Seats for repose: Henri, Jaggy and Leo

'Henri,' 'Jaggy' and 'Leo' are sculptural seats that can double as decorations. While 'Henri' is composed of a variety of forms and imbued with various vibrant hues, urging people to stop and take notice of the chair design, 'Jaggy' manifests as a fairly simple design with an easy-going persona. “'Jaggy' is ready to make friends,” the designer relays. The modular stool can be easily paired with another seating of its own kind, to build a longer bench. On the other hand, 'Leo' is a bench that manages to hold various shapes and patterns within its design, offering a rather simple and sturdy surface to seat people. Talking about 'Leo,' the Iranian architect shares, "'Leo' gives you love, makes you laugh, and takes good care of you. A people pleaser who brings people together. A match-maker. 'Leo' usually greets people in the foyer of the house, helps them relax, do their chores, and if they want, enjoy a conversation.”
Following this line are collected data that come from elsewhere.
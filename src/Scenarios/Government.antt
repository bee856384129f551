-- ===== src/Scenarios/Government.antt =====
-- Signed actions: clocks, roles, policies, keys.
use sora_kaigi.Base.{
  ℕ, ◌≤◌, ◌<◌, ◌≡◌, refl, Bool, true, false, Option, none, some, List, [], ◌∷◌, contains, IsUnique,
  arith, ltb, nat_eq, str_eq,
}
use sora_kaigi.Base.Text.{Str}
use sora_kaigi.Base.Results.{ok, ok_or_keep, is_ok}
use sora_kaigi.Wire.Frames.{
  RoleKind, RoleGrantFrame, RoleRevokeFrame, SessionPolicyFrame, E2eeKeyEpochFrame,
  KeyRotationAckFrame,
}
use sora_kaigi.Hub.State.{FrameOutcome, ConnId, Participant, RoomState}
use sora_kaigi.Hub.Clock.{enforce_signed_action_clock}
use sora_kaigi.Hub.Clock.Replay.{SignedAction, after_actions, never_replayed}
use sora_kaigi.Hub.Roles.{is_host}
use sora_kaigi.Hub.Roles.Changes.{
  find_joined, RoleMutationOutcome, apply_role_grant, apply_role_revoke,
}
use sora_kaigi.Hub.Roles.Bindings.{IsBound}
use sora_kaigi.Hub.Roles.Authority.{Granted, apply_role_grant-Granted, apply_role_revoke-revoked}
use sora_kaigi.Hub.Sharing.{e2ee_epoch}
use sora_kaigi.Hub.Policy.{
  apply_session_policy_update, e2ee_key_epoch_section, key_rotation_ack_section, acked_epoch,
}
use sora_kaigi.Hub.Policy.Epochs.{
  IsInForce, HasHonestAcks, apply_session_policy_update-IsInForce,
  e2ee_key_epoch_section-HasHonestAcks, key_rotation_ack_section-HasHonestAcks,
}
use sora_kaigi.Scenarios.Fixtures.{crypto, digest, a_id, b_id, host_and_guest}

-- The action tag `t`.
abbrev t_tag : Str
t_tag = 116 ∷ []

abbrev u_tag : Str
u_tag = 117 ∷ []

abbrev acted : RoomState
acted = record host_and_guest { signed_action_clock_by_signer = ((116 ∷ 58 ∷ 97 ∷ [], 5) ∷ []) }

a_acts : enforce_signed_action_clock host_and_guest t_tag a_id [] 5 ≡ ok acted
unfolding enforce_signed_action_clock sora_kaigi.Base.get sora_kaigi.Base.insert
a_acts = refl

abbrev between : List SignedAction
between =
    record { action_tag = t_tag; signer_id = b_id; timestamp_label = []; timestamp_ms = 9 }
    ∷ record { action_tag = t_tag; signer_id = a_id; timestamp_label = []; timestamp_ms = 6 }
    ∷ []

never_replayed_example :
    is_ok (enforce_signed_action_clock (after_actions acted between) t_tag a_id [] 5) ≡ false
never_replayed_example =
    never_replayed host_and_guest t_tag a_id [] 5 acted between [] 5 a_acts (omega arith)

abbrev nothing_changed : RoleMutationOutcome
nothing_changed = record { host_changed = false; permissions_changed = false; role_change = none }

abbrev grant_b : RoleGrantFrame
grant_b = record {
  issued_at_ms = 7;
  target_participant_id = b_id;
  role = RoleKind.co_host;
  granted_by = a_id;
  signature_hex = digest;
}

abbrev granted : RoomState × RoleMutationOutcome
granted =
    ok_or_keep (host_and_guest, nothing_changed) (apply_role_grant crypto host_and_guest 1 grant_b)

b_granted : apply_role_grant crypto host_and_guest 1 grant_b ≡ ok (granted.0, granted.1)
unfolding apply_role_grant sora_kaigi.Hub.Roles.Changes.check_role_grant sora_kaigi.Base.get
    sora_kaigi.Base.str_beq sora_kaigi.Hub.Hex.is_valid_hex_len
    sora_kaigi.Hub.Hex.role_grant_signature_is_valid sora_kaigi.Base.Text.to_ascii_lowercase
    enforce_signed_action_clock
b_granted = refl

host_and_guest-IsUnique : IsUnique host_and_guest.participants
unfolding sora_kaigi.Base.get
host_and_guest-IsUnique = (refl, (refl, tt))

apply_role_grant-Granted_example :
    (is_host host_and_guest 1 ≡ true)
    × IsBound granted.0
    × (target : ConnId) × (p : Participant) × (find_joined host_and_guest b_id ≡ some (target, p))
    × Granted host_and_guest grant_b target granted.0
apply_role_grant-Granted_example =
    apply_role_grant-Granted crypto host_and_guest 1 host_and_guest-IsUnique grant_b granted.0
      granted.1 b_granted

abbrev revoke_b : RoleRevokeFrame
revoke_b = record {
  issued_at_ms = 8;
  target_participant_id = b_id;
  role = RoleKind.co_host;
  revoked_by = a_id;
  signature_hex = digest;
}

abbrev co_hosted : RoomState
co_hosted = record host_and_guest { co_host_conn_ids = 2 ∷ []; co_host_role_owners = b_id ∷ [] }

abbrev revoked : RoomState × RoleMutationOutcome
revoked = ok_or_keep (co_hosted, nothing_changed) (apply_role_revoke crypto co_hosted 1 revoke_b)

b_revoked : apply_role_revoke crypto co_hosted 1 revoke_b ≡ ok (revoked.0, revoked.1)
unfolding apply_role_revoke sora_kaigi.Hub.Roles.Changes.check_role_revoke sora_kaigi.Base.get
    sora_kaigi.Base.str_beq sora_kaigi.Hub.Hex.is_valid_hex_len
    sora_kaigi.Hub.Hex.role_revoke_signature_is_valid sora_kaigi.Base.Text.to_ascii_lowercase
    enforce_signed_action_clock
b_revoked = refl

apply_role_revoke-revoked_example :
    (is_host co_hosted 1 ≡ true)
    × (contains revoked.0.co_host_role_owners b_id ≡ false)
    × (revoked.0.host_conn_id ≡ some 1)
    × IsBound revoked.0
apply_role_revoke-revoked_example =
    apply_role_revoke-revoked crypto co_hosted 1 host_and_guest-IsUnique revoke_b revoked.0
      revoked.1 b_revoked

abbrev locked_policy : SessionPolicyFrame
locked_policy = record {
  updated_at_ms = 9;
  room_lock = true;
  waiting_room_enabled = true;
  guest_join_allowed = false;
  local_recording_allowed = false;
  e2ee_required = true;
  max_participants = 10;
  policy_epoch = 1;
  updated_by = a_id;
  signature_hex = digest;
}

abbrev locked : RoomState
locked =
    ok_or_keep host_and_guest (apply_session_policy_update crypto host_and_guest 1 locked_policy)

policy_accepted : apply_session_policy_update crypto host_and_guest 1 locked_policy ≡ ok locked
unfolding apply_session_policy_update sora_kaigi.Base.get
    sora_kaigi.Hub.Roles.can_manage_roles_and_policy sora_kaigi.Base.str_beq
    sora_kaigi.Hub.Hex.is_valid_hex_len sora_kaigi.Hub.Hex.session_policy_signature_is_valid
    sora_kaigi.Base.Text.to_ascii_lowercase enforce_signed_action_clock
policy_accepted = refl

apply_session_policy_update-IsInForce_example : IsInForce host_and_guest 1 locked_policy locked
apply_session_policy_update-IsInForce_example =
    apply_session_policy_update-IsInForce crypto host_and_guest 1 locked_policy locked
      policy_accepted

abbrev key_of_b : E2eeKeyEpochFrame
key_of_b = record {
  sent_at_ms = 10;
  participant_id = b_id;
  epoch = 3;
  public_key_hex = digest;
  signature_hex = digest;
}

host_and_guest-HasHonestAcks : HasHonestAcks host_and_guest
host_and_guest-HasHonestAcks c = omega arith

e2ee_key_epoch_section-HasHonestAcks_example :
    let after = (e2ee_key_epoch_section crypto host_and_guest 2 key_of_b).0 in
    HasHonestAcks after × ((c : ConnId) → e2ee_epoch host_and_guest c ≤ e2ee_epoch after c)
e2ee_key_epoch_section-HasHonestAcks_example =
    e2ee_key_epoch_section-HasHonestAcks crypto host_and_guest 2 key_of_b
      host_and_guest-HasHonestAcks

abbrev keyed : RoomState
keyed = record host_and_guest { e2ee_epochs = (2, 3) ∷ [] }

keyed-HasHonestAcks : HasHonestAcks keyed
unfolding sora_kaigi.Base.get
keyed-HasHonestAcks c = omega arith

abbrev ack_of_b : KeyRotationAckFrame
ack_of_b = record { received_at_ms = 11; participant_id = b_id; ack_epoch = 3 }

key_rotation_ack_section-HasHonestAcks_example :
    HasHonestAcks (key_rotation_ack_section keyed 2 ack_of_b).0
    × ((key_rotation_ack_section keyed 2 ack_of_b).1 ≡ FrameOutcome.broadcast
        → (acked_epoch keyed 2 < 3) × (3 ≤ e2ee_epoch keyed 2))
key_rotation_ack_section-HasHonestAcks_example =
    key_rotation_ack_section-HasHonestAcks keyed 2 ack_of_b keyed-HasHonestAcks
Rugs to conceal and decorate: Carole

Sazegara’s 'Carole' rug design is a smoother variation of her creations. The rug can either be placed on the floor or hung up as a piece of art on the wall. It serves as a simple addition to indoor spaces, that, despite the usage of primary shapes and arcs, manages to add zest to the space it occupies. “The rug persistently tries to break your everyday routine and guide you to take a new route,” the designer promises.

Totems that can stand aloof or seat

Sazegara’s latest venture in the arena of stool designs are totems that are composed of an array of different shapes balanced atop each other. “These colourful totems that double as stools not only serve as functional seating solutions but also evoke a sense of wonder and joy. They are a testament to the boundless possibilities of combining art and design, inspiring people to embrace colour, form, and functionality in their everyday lives. Whether used as accent pieces in a contemporary setting or as focal points in a vibrant artistic space, these totems add a touch of whimsy, creativity, and visual delight to any environment,” reads an excerpt from the press release shared by Sazegara. So far, the designer has created four variations of the totems. With slight differences in colours, forms and protrusions, each piece stands distinctly at the same height.

Moving further from simplistic furniture designs, Sazegara intends to build totem lamp designs and interactive urban totems in the future. While the former will be built in the visage of the totem stools and house bulbs that can serve the purpose of a luminaire, the latter is intended for outdoor usage. Sazegara intends to enliven urban spaces with the addition of vibrantly hued totems that double up as barriers, seats and adhering spaces for people, hence activating these areas, not only with colourful objects, but also, with social activity.